I pushed through the curtains, looked down the corridor, saw movement in the dressing room. Karen had put on her coat and boots and had her jeans in her hand. I slung my left arm under her armpits and hefted her over my shoulder before she realized what I was doing.

“Put me down, damn you!”

She drubbed on my back as I jogged down the hall to the back exit. Pushed open the door while she kicked at me. I was panting now from the load and from her fighting me, and I still had to circle the building to get to my car out on Lake Street. Before I’d gone more than a few steps, she managed to break free.

She ran to an SUV parked near us and opened the door. She was in luck: the keys were in the ignition. She got the engine going as I ran to her side. I yanked the door wide, but she punched at my head.

“You interfering, ignorant, stupid bitch, now you’ve really fucked me over. Get out of my way or I’ll run you down!”

She roared out of the lot, the still-open door swinging on its hinges. I just had time to read the plate number before she turned onto Lake Street.

27 Thank God for the Boys in Blue!

I don’t know who was angrier, me or Finchley. We were sitting on stools at the Club Gouge bar, and Olympia, her cheeks pale but her lips smiling, was telling Terry that nothing had happened.

“It’s a club, we do performance art. I don’t think Ms. Warshawski understood that we had a special rehearsal tonight after the club closed. She took it too seriously. Really, Ms. Warshawski, you need to get out more, see what’s happening in theater these days.”

“And the fire?” Terry asked.

When he and his team arrived, the back curtains were in flames. The cops had pulled them down and managed to stamp out the fire, but the stage was a mess. Parts of the floor were scorched, and the whole surface was covered in paint from the cans the Body Artist had hurled at her assailants.
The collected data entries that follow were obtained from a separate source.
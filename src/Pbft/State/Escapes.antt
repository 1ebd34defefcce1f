-- ===== src/Pbft/State/Escapes.antt =====
-- `escape` and `unescape`.
use bluzelle.Base.{
  ℕ, ◌≡◌, refl, sym, ◌∙◌, ap, false, List, [], ◌∷◌, ◌++◌, none, some, ◌==◌, ==_iff, Bool-cases, inl,
  inr, none-ne-some,
}
use bluzelle.Bytes.{Bytes}
use bluzelle.Pbft.State.{
  escape_1, escape, unescape, put, separator, generate_key, storage_key, put_first, split_subkeys,
  extract_subkeys,
}
use mathlib.Core.Option.{some-injective}
use mathlib.Core.List.{append-nil}

unescape-plain :
    (ch : ℕ) (s : Bytes) → (ch == escape_1) ≡ false → unescape (ch ∷ s) ≡ put ch (unescape s)
unfolding unescape
unescape-plain ch [] z = rw (unescape, z) refl
unescape-plain ch (next ∷ rest) z = rw (unescape, z) refl

-- Unescaping an escaped text does not throw and gives the text.
pub unescape-escape : (s : Bytes) → unescape (escape s) ≡ some s
unfolding unescape escape
unescape-escape [] = refl
unescape-escape (ch ∷ s) = elim (Bool-cases (ch == escape_1)) [
  | inl z ↦
      rw (escape, z, unescape, unescape-escape s)
        (ap (λ c. some (c ∷ s)) (sym ((==_iff ch escape_1).0 z)))
  | inr z ↦ rw (escape, z, unescape-plain ch (escape s) z, unescape-escape s) refl
]

split_subkeys-plain :
    (ch : ℕ) (s : Bytes)
    → (ch == escape_1) ≡ false
    → split_subkeys (ch ∷ s) ≡ put_first (ch ∷ []) (split_subkeys s)
unfolding split_subkeys
split_subkeys-plain ch [] z = refl
split_subkeys-plain ch (next ∷ rest) z = rw (split_subkeys, z) refl

split_subkeys-escape :
    (s t : Bytes) → split_subkeys (escape s ++ (separator ++ t)) ≡ some (escape s, t)
unfolding split_subkeys escape
split_subkeys-escape [] t = refl
split_subkeys-escape (ch ∷ s) t = elim (Bool-cases (ch == escape_1)) [
  | inl z ↦ rw (escape, z, split_subkeys, split_subkeys-escape s t) refl
  | inr z ↦
      rw
        (
          escape,
          z,
          split_subkeys-plain ch (escape s ++ (separator ++ t)) z,
          split_subkeys-escape s t,
        )
        refl
]

split_subkeys-escape-none : (s : Bytes) → split_subkeys (escape s) ≡ none
unfolding split_subkeys escape
split_subkeys-escape-none [] = refl
split_subkeys-escape-none (ch ∷ s) = elim (Bool-cases (ch == escape_1)) [
  | inl z ↦ rw (escape, z, split_subkeys, split_subkeys-escape-none s) refl
  | inr z ↦ rw (escape, z, split_subkeys-plain ch (escape s) z, split_subkeys-escape-none s) refl
]

-- From two escaped sub-keys with a separator between them, `extract_subkeys` finds the two,
-- whatever bytes they have.
pub extract_subkeys-escape :
    (a b : Bytes) → extract_subkeys (escape a ++ (separator ++ escape b)) ≡ some (a, b)
unfolding extract_subkeys
extract_subkeys-escape a b =
    rw (extract_subkeys, split_subkeys-escape a (escape b), unescape-escape a, unescape-escape b)
      refl

escape_injective : (a b : Bytes) → escape a ≡ escape b → a ≡ b
escape_injective a b e =
    some-injective a b (sym (unescape-escape a) ∙ ap unescape e ∙ unescape-escape b)

-- If the storage keys of two persistent values are the same, then so are their names and all their
-- sub-keys, whatever bytes these have and however many there are.
pub storage_key_injective :
    (name other : Bytes) (ks js : List Bytes)
    → storage_key name ks ≡ storage_key other js
    → (name ≡ other) × (ks ≡ js)
unfolding generate_key
storage_key_injective name other [] [] e =
    (escape_injective name other (sym (append-nil _) ∙ e ∙ append-nil _), refl)
storage_key_injective name other [] (j ∷ js) e = absurd (
    none-ne-some (
      sym (split_subkeys-escape-none name)
      ∙ ap split_subkeys (sym (append-nil _) ∙ e)
      ∙ split_subkeys-escape other _))
storage_key_injective name other (k ∷ ks) [] e = absurd (
    none-ne-some (
      sym (split_subkeys-escape-none other)
      ∙ ap split_subkeys (sym (append-nil _) ∙ sym e)
      ∙ split_subkeys-escape name _))
storage_key_injective name other (k ∷ ks) (j ∷ js) e =
    let same : (escape name, storage_key k ks) ≡ (escape other, storage_key j js) =
      some-injective _ _
        (sym (split_subkeys-escape name _) ∙ ap split_subkeys e ∙ split_subkeys-escape other _) in
    let (p, q) = storage_key_injective k j ks js (ap (λ z. z.1) same) in
    (escape_injective name other (ap (λ z. z.0) same), rw (p, q) refl)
Five squad cars pulled up as I was getting into my Mustang to follow the Artist. The cops pinned me in. They wouldn’t listen to my frantic cries about going after the SUV-“I’m the one who sent for you. A key witness is taking off!”-and forced me to come back into the club with them. Most of the thugs had fled, but the patrol units grabbed the few who’d stayed behind, including Rodney, and cuffed them.

The fire department showed up a few minutes after the cops. A middle-aged firefighter dealt with the wires I’d fused. He had sad eyes and a drooping mustache, but his thick fingers moved skillfully among the wires, and he restored power to the building-a mercy, because the furnace had shut down in the outage.

Finchley walked in a moment or two later. “You know, Vic, I’m going to suggest to the captain that we pay to relocate you to New York, because I swear Chicago’s crime rate would drop fifty percent if you weren’t here. Conrad relayed your message. Now, tell me why we’ve all left our beds to do your bidding.”

“It’s not that I’m not grateful,” I said, “because, believe me, I am. These goons are the remnant of a whole swarm of creeps who took over the club and started beating up the Body Artist and Olympia. But the Body Artist took off in a borrowed SUV, and I was hoping to follow her when your crew hustled me back in here, not listening to my suggestion that they go after the Artist.”

Terry sighed, exasperated either with me or his crew, I couldn’t tell which, but he asked me for the plate number and phoned in a bulletin asking patrol units to look out for the SUV.

That was when Olympia started her little-girl act, pretending that it was all just a “giant but unfortunately truly dangerous” misunderstanding on my part. The thugs whom the cops had cuffed began to smirk. Even Rodney, who’d been trying to start Owen Widermayer’s Mercedes when the police pulled him out of it, looked as though he might break into song. I wanted to shoot holes in all of them just to wipe the smiles off their faces. They knew they were going to beat any rap I might be able to hand out.